The data START

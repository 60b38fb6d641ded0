-- ===== src/Lib.antt =====
-- Attow Nexus: a daemon that records what agents do as a graph of commits, broadcasts their deltas, and
-- can compare, replay, fork and roll back. This library models the daemon's core.
--
-- The parts, and the file that models each. A function keeps the name that it has in the code.
--   Dag            daemon/src/ledger/dag.rs: DagIndex, the commit graph in memory: append, is_ancestor,
--                  ancestry, nearest_common_ancestor, from_commits.
--   Ledger.Commit  daemon/src/ledger/commit.rs: the commit that a delta becomes.
--   Ledger.Store   daemon/src/ledger/sqlite_store.rs, head.rs and util/compression.rs: one association
--                  list for each table (Rows), commits (Calls), heads, runs and events (Heads), artifacts
--                  and loop warnings (Artifacts).
--   Ledger.Rollback, Ledger.Diff, Ledger.Replay
--                  daemon/src/ledger/rollback.rs and fork.rs, diff.rs, replay.rs.
--   Bus            daemon/src/bus/mod.rs: channels, subscriptions, presence and the ring of recent deltas.
--                  Bus.Runs is about a new bus after any run of these methods.
--   Auth, Config   daemon/src/auth/ and the settings and network policy of daemon/src/config.rs.
--   LoopDetection  daemon/src/loop_detection/: a window of fingerprints for each run, agent and channel.
--   Redaction      daemon/src/security/redaction.rs: secrets in JSON, text and protobuf values.
--   Metrics        the counters of daemon/src/observability/metrics.rs.
--   Service        the operations of AppState in daemon/src/grpc/service.rs, which compose all of the above:
--                  a write checks a scope, redacts and stores the payload, resolves the parents, appends
--                  to the graph, writes the database, moves the head, broadcasts, and inspects for loops.
--                  Service.Export is export_run_inner; Service.Publish.Stored is about a durable publication as
--                  a whole; Service.Steady is about the graph and the store under any number of requests,
--                  calls and stream messages in sequence, each of which is a step of a relation on them.
--   Http           daemon/src/http/api.rs: the bodies of requests (Bodies), universal events (Events), the JSON
--                  answers (Render), a handler for each route (Handlers), the table of routes (Routes), the
--                  guard and the statuses (Handler, Reply).
--   Grpc           the methods, the stream and the statuses of daemon/src/grpc/, and validate_grpc of
--                  daemon/src/auth/token.rs. A stream reads a list of messages, or the status of its failure.
--   Startup        what run of daemon/src/lib.rs does before it listens; Config.Load is Config::from_env.
--   Cli            cli/src/: the request of each command, the client, the printed lines, and one round of
--                  subscribe.
--   Proto, Json    the messages of proto/nexus/v1/ and the JSON values that the code matches on.
--   Platform       what the daemon calls and does not implement: hashing, codecs, compression, regular
--                  expressions, identifiers and the clock. Bus.State.Mpsc is the queue of a subscriber.
--   Prelude        shared names: tests, lists, maps, text, errors, and methods on shared state (Exec).
--   Tests, Dag.Tests, Redaction.Tests
--                  concrete data, and the theorems at it.
--
-- State and errors. A method that may fail on shared state is a function from the state to a result and
-- the state after it, so what was written before an error stays written. A hash map is an association
-- list. A database or file call takes the next entry of a list of faults, which says whether it fails;
-- a transaction is one call. Numbers are natural numbers; counters wrap at 2 ^ 64, and what SQLite
-- stores as an i64 is cast as the code casts it. Locks are not modelled: an operation runs as one step.
-- The wait for room in a full queue is part of that step, though another task could come between.
--
-- Fuel. The loop of reachable_locked pops once for each edge and once for the start, so its fuel is two more
-- than the number of edges; the recursion of collect_ancestry visits a commit once, so its depth is at
-- most one more than the number of commits. The recursion
-- of replay.rs has fuel for one more than the commits stored, and reports a stack overflow without it; on a store
-- whose graph is acyclic it is enough.
--
-- Not modelled: the transports and the frameworks of both interfaces, the parsing of arguments and the
-- percentiles of the command line, the dashboard and the SDKs, the placeholders for clusters and MCP,
-- and logging.
pub mod Prelude
pub mod Dag
pub mod Json
pub mod Proto
pub mod Platform
pub mod Ledger
pub mod Metrics
pub mod Bus
pub mod Config
pub mod Auth
pub mod LoopDetection
pub mod Redaction
pub mod Service
pub mod Http
pub mod Grpc
pub mod Startup
pub mod Cli
pub mod Tests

The data END

= Directions for this task =
Filter the listing above so that only lines holding the word "methods" remain, and report those lines.

= Answer to this task =
--                  Bus.Runs is about a new bus after any run of these methods.
--   Grpc           the methods, the stream and the statuses of daemon/src/grpc/, and validate_grpc of
--   Prelude        shared names: tests, lists, maps, text, errors, and methods on shared state (Exec).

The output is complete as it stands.